The task :: Locate the line that contains "it stores; argc" in the entries below, then repeat it and every following line through the line that contains "if not (t lbuf", exactly, and no others.

Stored data entries ::
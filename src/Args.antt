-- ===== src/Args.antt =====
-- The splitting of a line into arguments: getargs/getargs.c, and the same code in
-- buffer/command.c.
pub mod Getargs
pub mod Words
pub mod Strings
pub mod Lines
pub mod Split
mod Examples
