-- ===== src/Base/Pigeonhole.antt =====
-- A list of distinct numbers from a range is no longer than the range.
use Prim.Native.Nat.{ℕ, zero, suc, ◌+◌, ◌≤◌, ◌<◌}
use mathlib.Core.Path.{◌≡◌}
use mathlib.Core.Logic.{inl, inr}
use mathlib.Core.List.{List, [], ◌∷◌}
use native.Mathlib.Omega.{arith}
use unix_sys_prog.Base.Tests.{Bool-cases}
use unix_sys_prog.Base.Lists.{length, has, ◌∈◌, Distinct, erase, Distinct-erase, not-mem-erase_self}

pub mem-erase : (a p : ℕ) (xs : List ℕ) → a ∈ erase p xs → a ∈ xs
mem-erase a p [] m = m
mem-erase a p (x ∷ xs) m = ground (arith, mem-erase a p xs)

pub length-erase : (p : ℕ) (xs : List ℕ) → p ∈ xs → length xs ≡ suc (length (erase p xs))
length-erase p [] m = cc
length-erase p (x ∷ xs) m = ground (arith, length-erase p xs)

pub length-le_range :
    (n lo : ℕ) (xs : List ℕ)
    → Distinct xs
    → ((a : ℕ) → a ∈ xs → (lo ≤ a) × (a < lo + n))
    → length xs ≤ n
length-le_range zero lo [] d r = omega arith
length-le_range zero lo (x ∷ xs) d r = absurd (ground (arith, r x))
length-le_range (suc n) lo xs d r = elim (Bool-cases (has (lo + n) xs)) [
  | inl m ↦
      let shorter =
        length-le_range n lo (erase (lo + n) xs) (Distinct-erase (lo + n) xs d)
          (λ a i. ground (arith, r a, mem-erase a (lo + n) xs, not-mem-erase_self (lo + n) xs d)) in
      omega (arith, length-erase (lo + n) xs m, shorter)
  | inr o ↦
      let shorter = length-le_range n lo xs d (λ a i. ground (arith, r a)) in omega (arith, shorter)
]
* * *
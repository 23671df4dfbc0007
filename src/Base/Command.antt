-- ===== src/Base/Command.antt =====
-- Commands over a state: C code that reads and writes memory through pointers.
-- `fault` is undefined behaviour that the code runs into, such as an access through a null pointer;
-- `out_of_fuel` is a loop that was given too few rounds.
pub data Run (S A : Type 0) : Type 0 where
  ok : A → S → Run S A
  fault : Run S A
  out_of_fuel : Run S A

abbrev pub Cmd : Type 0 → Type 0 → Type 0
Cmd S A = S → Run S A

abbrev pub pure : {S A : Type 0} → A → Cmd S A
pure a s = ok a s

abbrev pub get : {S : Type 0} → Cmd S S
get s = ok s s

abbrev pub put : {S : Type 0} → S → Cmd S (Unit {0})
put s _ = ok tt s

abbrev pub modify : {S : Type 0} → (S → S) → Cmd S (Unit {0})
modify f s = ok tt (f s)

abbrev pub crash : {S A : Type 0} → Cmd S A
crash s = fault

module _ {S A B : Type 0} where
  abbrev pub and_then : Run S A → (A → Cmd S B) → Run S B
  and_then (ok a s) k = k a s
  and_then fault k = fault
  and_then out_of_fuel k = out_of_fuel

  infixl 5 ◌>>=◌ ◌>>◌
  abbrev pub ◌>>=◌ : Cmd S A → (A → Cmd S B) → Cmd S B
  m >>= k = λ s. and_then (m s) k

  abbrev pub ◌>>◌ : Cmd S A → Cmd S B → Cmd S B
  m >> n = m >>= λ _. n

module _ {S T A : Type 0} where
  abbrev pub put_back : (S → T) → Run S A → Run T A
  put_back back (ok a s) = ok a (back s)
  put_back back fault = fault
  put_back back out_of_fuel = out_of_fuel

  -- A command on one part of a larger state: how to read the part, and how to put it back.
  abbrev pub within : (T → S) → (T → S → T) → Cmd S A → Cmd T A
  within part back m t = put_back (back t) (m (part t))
--
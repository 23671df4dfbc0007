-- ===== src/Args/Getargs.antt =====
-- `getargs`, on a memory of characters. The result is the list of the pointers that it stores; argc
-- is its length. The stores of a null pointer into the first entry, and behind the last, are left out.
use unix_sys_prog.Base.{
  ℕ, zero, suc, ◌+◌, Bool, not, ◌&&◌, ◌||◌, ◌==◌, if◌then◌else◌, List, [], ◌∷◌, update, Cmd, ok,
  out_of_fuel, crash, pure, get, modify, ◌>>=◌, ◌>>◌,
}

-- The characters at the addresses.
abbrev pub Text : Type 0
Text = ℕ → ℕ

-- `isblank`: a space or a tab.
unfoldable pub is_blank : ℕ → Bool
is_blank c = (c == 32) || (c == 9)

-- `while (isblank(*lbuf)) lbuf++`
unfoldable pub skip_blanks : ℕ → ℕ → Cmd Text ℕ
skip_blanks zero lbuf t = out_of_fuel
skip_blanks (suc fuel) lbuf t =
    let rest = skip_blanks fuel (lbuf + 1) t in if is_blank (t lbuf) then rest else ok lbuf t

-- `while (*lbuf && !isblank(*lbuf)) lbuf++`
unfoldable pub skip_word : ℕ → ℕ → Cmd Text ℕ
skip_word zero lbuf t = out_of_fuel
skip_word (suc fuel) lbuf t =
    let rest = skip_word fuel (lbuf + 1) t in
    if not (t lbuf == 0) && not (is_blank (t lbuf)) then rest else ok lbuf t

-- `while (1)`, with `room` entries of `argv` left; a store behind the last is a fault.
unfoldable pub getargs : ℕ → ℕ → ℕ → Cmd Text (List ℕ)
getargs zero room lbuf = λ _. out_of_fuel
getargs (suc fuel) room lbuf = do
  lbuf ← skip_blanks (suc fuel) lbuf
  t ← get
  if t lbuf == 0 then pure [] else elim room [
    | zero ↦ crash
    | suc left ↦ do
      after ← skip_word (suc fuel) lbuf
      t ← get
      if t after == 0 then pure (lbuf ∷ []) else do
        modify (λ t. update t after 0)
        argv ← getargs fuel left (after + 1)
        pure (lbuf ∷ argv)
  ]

Answer section ::
-- `getargs`, on a memory of characters. The result is the list of the pointers that it stores; argc
-- is its length. The stores of a null pointer into the first entry, and behind the last, are left out.
use unix_sys_prog.Base.{
  ℕ, zero, suc, ◌+◌, Bool, not, ◌&&◌, ◌||◌, ◌==◌, if◌then◌else◌, List, [], ◌∷◌, update, Cmd, ok,
  out_of_fuel, crash, pure, get, modify, ◌>>=◌, ◌>>◌,
}

-- The characters at the addresses.
abbrev pub Text : Type 0
Text = ℕ → ℕ

-- `isblank`: a space or a tab.
unfoldable pub is_blank : ℕ → Bool
is_blank c = (c == 32) || (c == 9)

-- `while (isblank(*lbuf)) lbuf++`
unfoldable pub skip_blanks : ℕ → ℕ → Cmd Text ℕ
skip_blanks zero lbuf t = out_of_fuel
skip_blanks (suc fuel) lbuf t =
    let rest = skip_blanks fuel (lbuf + 1) t in if is_blank (t lbuf) then rest else ok lbuf t

-- `while (*lbuf && !isblank(*lbuf)) lbuf++`
unfoldable pub skip_word : ℕ → ℕ → Cmd Text ℕ
skip_word zero lbuf t = out_of_fuel
skip_word (suc fuel) lbuf t =
    let rest = skip_word fuel (lbuf + 1) t in
    if not (t lbuf == 0) && not (is_blank (t lbuf)) then rest else ok lbuf t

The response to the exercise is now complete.